|
|
 |
 |
 |
 |
Is this legal? Aesthetically acceptable?
I'm writing an abstraction layer over an OS's ability to do non-blocking reads and writes on various things. The basic idea is that the caller will be able to let the I/O happen in the background, and will poll for completion using something along the lines of *nix's select() or Win32's WaitForMultipleObjects, and when the OS signals that a read has completed or a write will be accepted the abstraction layer will be called to actually do the I/O call and call any code that's interested in it. The read and write handling have some basic asymmetry, so the abstraction layer's data and the interface to the code that requests reads and writes will be different depending on which direction the data is going, but the basic poll-and-call-handler pattern in the main loop will be the same either way. What I'd like to do is something like this: -------- /*in overlapped.h*/ struct overlapped_cookie { sync_type need_attention; struct overlapped_data *internal; };
-------- /*in overlapped-read.c*/ struct overlapped_data { /*Internal data for read bookkeeping*/ };
struct overlapped_cookie *setup_read(/*args*/) { struct overlapped_cookie *ret=malloc(sizeof *ret); if(!ret) return NULL; ret->internal=malloc(sizeof ret->internal); if(!ret->internal) { free(ret); return NULL; } /*Continue with initialization*/ }
-------- /*in overlapped-write.c*/ struct overlapped_data { /*Internal data for write bookkeeping*/ };
struct overlapped_cookie *setup_write(/*args*/) { struct overlapped_cookie *ret=malloc(sizeof *ret); if(!ret) return NULL; ret->internal=malloc(sizeof ret->internal); if(!ret->internal) { free(ret); return NULL; } /*Continue with initialization*/ }
-------- The idea is that the main loop can do something like: -------- /*These arrays are populated by other code to keep an up-to-date list of reads and writes (possibly to be extended to other events) that are being waited for */ sync_type sync[N]; int (*handler[N])(struct overlapped_cookie *); struct overlapped_cookie *all_overlapped[N]; /*main loop, minus error handling:*/ while(!are_we_done_yet()) { int which_one=do_wait(sync,num_filled); handler[which_one](all_overlapped[which_one]); }
-------- I have two questions about this: (1) Is it legal and well-defined for external code to use a pointer to the same incomplete struct type for what is actually different types in different translation units, as long as no read struct ever gets passed to the write functions and no write struct ever gets passed to the read functions? (I'm fairly sure, but not certain, that the struct pointer representation requirements make this valid.) (2) Is this considered acceptable, maintainable, and not aesthetically unpleasant by other C programmers? Or, at least, no worse than the alternative of forcing the main poll loop to handle reads and writes separately? (This one I'm not so sure about.) (2b) Is there a better way to do this? dave -- Dave Vandervies dj3va@csclub.uwaterloo.ca I _am_ consistent - if one of those other pointer guide writers came here and asked for comments, they'd get chewed out just as badly. --Richard Bos in comp.lang.c
Dave Vandervies wrote On 05/29/07 13:33,: > [code and exposition snipped for brevity; see up-thread] > I have two questions about this: > (1) Is it legal and well-defined for external code to use a pointer to > the same incomplete struct type for what is actually different types > in different translation units, as long as no read struct ever gets > passed to the write functions and no write struct ever gets passed to > the read functions? > (I'm fairly sure, but not certain, that the struct pointer representation > requirements make this valid.)

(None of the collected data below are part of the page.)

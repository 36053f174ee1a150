-- ===== src/Ranges/Forms.antt =====
-- app/core/ranges.py against the three forms of a byte range in RFC 7233, as they are printed.
use pyupload_x.Base.{
  ℕ, ◌-◌, ◌≤◌, min, ◌≡◌, refl, ap, ◌∙◌, Bool, true, false, ◌&&◌, Option, none, some, [], ◌∷◌, ◌++◌,
  arith, ltb, leb, if◌then◌else◌, length, any, all, contains, Text, codes, starts_with,
}
use pyupload_x.Base.Int.{ℤ, pos, ◌-ℤ◌}
use pyupload_x.Errors.{Result, ok, err, range_not_satisfiable}
use pyupload_x.Ranges.Number.{is_digit, is_space, int_of, decimal, max_digits}
use pyupload_x.Ranges.Decimal.{strip-solid, any-digits, int_of-decimal, digits-decimal}
use pyupload_x.Ranges.{
  ByteRange, split_once, pair_bounds, end_bound, suffix_bounds, range_of_bounds, bounds_of,
  satisfiable, range_of_spec, parse_byte_range,
}

-- `first-last`, `first-` and `-count`
pub data RangeForm : Type 0 where
  between : ℕ → ℕ → RangeForm
  onward : ℕ → RangeForm
  suffix : ℕ → RangeForm

abbrev pub print_form : RangeForm → Text
print_form (between a b) = decimal a ++ b'-' ∷ decimal b
print_form (onward a) = decimal a ++ b'-' ∷ []
print_form (suffix n) = b'-' ∷ decimal n

-- The bytes that a form stands for in a file of `size` bytes: the first and the last.
abbrev pub resolve : RangeForm → ℕ → Option (ℕ × ℕ)
resolve (between a b) size = if ltb a size && leb a b then some (a, min b (size - 1)) else none
resolve (onward a) size = if ltb a size then some (a, size - 1) else none
resolve (suffix n) size = if ltb 0 n && ltb 0 size then some (size - n, size - 1) else none

abbrev pub served : Option (ℕ × ℕ) → Result (Option ByteRange)
served none = err range_not_satisfiable
served (some (a, b)) = ok (some (record { start = pos a; end = pos b }))

-- every number of the form has at most 4300 digits
abbrev pub IsPrintable : RangeForm → Type 0
IsPrintable (between a b) = (length (decimal a) ≤ max_digits) × (length (decimal b) ≤ max_digits)
IsPrintable (onward a) = length (decimal a) ≤ max_digits
IsPrintable (suffix n) = length (decimal n) ≤ max_digits

contains-digits :
    (c : ℕ) (s t : Text)
    → is_digit c ≡ false
    → all is_digit s ≡ true
    → contains c t ≡ false
    → contains c (s ++ t) ≡ false
contains-digits c [] t h d k = k
contains-digits c (x ∷ s) t h d k = ground (arith, contains-digits c s t h)

split_once-digits :
    (s t : Text) → all is_digit s ≡ true → split_once b'-' (s ++ b'-' ∷ t) ≡ some (s, t)
unfolding split_once
split_once-digits [] t h = refl
split_once-digits (c ∷ s) t h = ground (arith, split_once-digits s t)

any-append :
    (p : ℕ → Bool) (s t : Text) → any p s ≡ false → any p t ≡ false → any p (s ++ t) ≡ false
any-append p [] t h k = k
any-append p (c ∷ s) t h k = ground (arith, any-append p s t)

bounds_of-int :
    (a b : Text) (size : ℕ) {z : ℤ}
    → int_of a ≡ some z
    → bounds_of a b size ≡ pair_bounds (some z) (end_bound b size)
bounds_of-int [] b size h = unfold int_of in cc
bounds_of-int (c ∷ a) b size h = unfold bounds_of in rw h

end_bound-int : (b : Text) (size : ℕ) {z : ℤ} → int_of b ≡ some z → end_bound b size ≡ some z
end_bound-int [] size h = unfold int_of in cc
end_bound-int (c ∷ b) size h = h

no_comma : (t : Text) → all is_digit t ≡ true → contains b',' t ≡ false
no_comma [] h = refl
no_comma (c ∷ t) h = ground (arith, no_comma t)

module _ (size : ℕ) where
  bounds_served :
      (a b : ℕ)
      → satisfiable (pos a) (pos b) size
        ≡ served (if ltb a size && leb a b then some (a, min b (size - 1)) else none)
  unfolding satisfiable ◌-ℤ◌
  bounds_served a b = ground arith

  spec_of-split :
      (s t : Text)
      → all is_digit s ≡ true
      → all is_digit t ≡ true
      → range_of_spec (s ++ b'-' ∷ t) size ≡ range_of_bounds (bounds_of s t size) size
  unfolding range_of_spec
  spec_of-split s t h k =
      rw (contains-digits b',' s (b'-' ∷ t) refl h (no_comma t k)) (rw (split_once-digits s t h))

  onward_served :
      (a : ℕ)
      → range_of_bounds (some (pos a, pos size -ℤ pos 1)) size ≡ served (resolve (onward a) size)
  unfolding satisfiable ◌-ℤ◌
  onward_served a = ground arith

  suffix_served :
      (n : ℕ)
      → range_of_bounds (suffix_bounds (some (pos n)) size) size ≡ served (resolve (suffix n) size)
  unfolding satisfiable ◌-ℤ◌
  suffix_served n = ground arith

  suffix_bounds_of :
      (n : ℕ)
      → length (decimal n) ≤ max_digits
      → bounds_of [] (decimal n) size ≡ suffix_bounds (some (pos n)) size
  unfolding bounds_of
  suffix_bounds_of n h = ap (λ o. suffix_bounds o size) (int_of-decimal n h)

  range_of_spec-form :
      (f : RangeForm) → IsPrintable f → range_of_spec (print_form f) size ≡ served (resolve f size)
  range_of_spec-form (between a b) h =
      spec_of-split (decimal a) (decimal b) (digits-decimal a) (digits-decimal b)
      ∙ ap (λ o. range_of_bounds o size)
          (bounds_of-int (decimal a) (decimal b) size (int_of-decimal a h.0)
            ∙ ap (pair_bounds (some (pos a)))
                (end_bound-int (decimal b) size (int_of-decimal b h.1)))
      ∙ bounds_served a b
  range_of_spec-form (onward a) h =
      spec_of-split (decimal a) [] (digits-decimal a) refl
      ∙ ap (λ o. range_of_bounds o size) (bounds_of-int (decimal a) [] size (int_of-decimal a h))
      ∙ onward_served a
  range_of_spec-form (suffix n) h =
      spec_of-split [] (decimal n) refl (digits-decimal n)
      ∙ ap (λ o. range_of_bounds o size) (suffix_bounds_of n h)
      ∙ suffix_served n

solid-form : (f : RangeForm) → any is_space (print_form f) ≡ false
unfolding is_space
solid-form (between a b) =
    any-append is_space (decimal a) (b'-' ∷ decimal b) (any-digits (decimal a) (digits-decimal a))
      (any-digits (decimal b) (digits-decimal b))
solid-form (onward a) =
    any-append is_space (decimal a) (b'-' ∷ []) (any-digits (decimal a) (digits-decimal a)) refl
solid-form (suffix n) = any-digits (decimal n) (digits-decimal n)

-- On a header that prints one of the three forms of RFC 7233 with numbers of at most 4300 digits,
-- the parser answers exactly what the form stands for in a file of `size` bytes: the bytes from
-- the first to the smaller of the last and the end of the file, from the first to the end, or the
-- final `count` bytes; and it refuses the form (416) where that is no byte at all.
pub parse_byte_range-form :
    (f : RangeForm) (size : ℕ)
    → IsPrintable f
    → parse_byte_range (some (codes "bytes=" ++ print_form f)) size ≡ served (resolve f size)
unfolding parse_byte_range starts_with
parse_byte_range-form f size h =
    rw (strip-solid (print_form f) (solid-form f)) (range_of_spec-form size f h)
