-- ===== src/Retention.antt =====
-- app/services/lifecycle_service.py and app/worker/lifecycle.py: the retention of stored files.
pub mod Service
pub mod Renewal
pub mod Worker
pub mod Messages
pub mod Passes
pub mod Holds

As far as I can see, it's legal. The incomplete type is completed differently in the read and write implementations, but as long as the barrier between them remains unbroken I don't see how any trouble can arise. > (2) Is this considered acceptable, maintainable, and not aesthetically > unpleasant by other C programmers? Or, at least, no worse than the > alternative of forcing the main poll loop to handle reads and writes > separately? > (This one I'm not so sure about.)
It's perhaps a matter of taste, but I'd consider the "identifier overloading" to be Asking For Trouble, hence UNmaintainable and UNacceptable. A programmer encounters a `struct overlapped_data', educates himself about what it is and how it's used, and then runs into another `struct overlapped_data' that looks and behaves differently. That would be unremarkable if the two divergent struct types came from independent libraries being integrated into the same program, but to find the conflict within one single package of related functions ... Ugh. Double ugh. > (2b) Is there a better way to do this?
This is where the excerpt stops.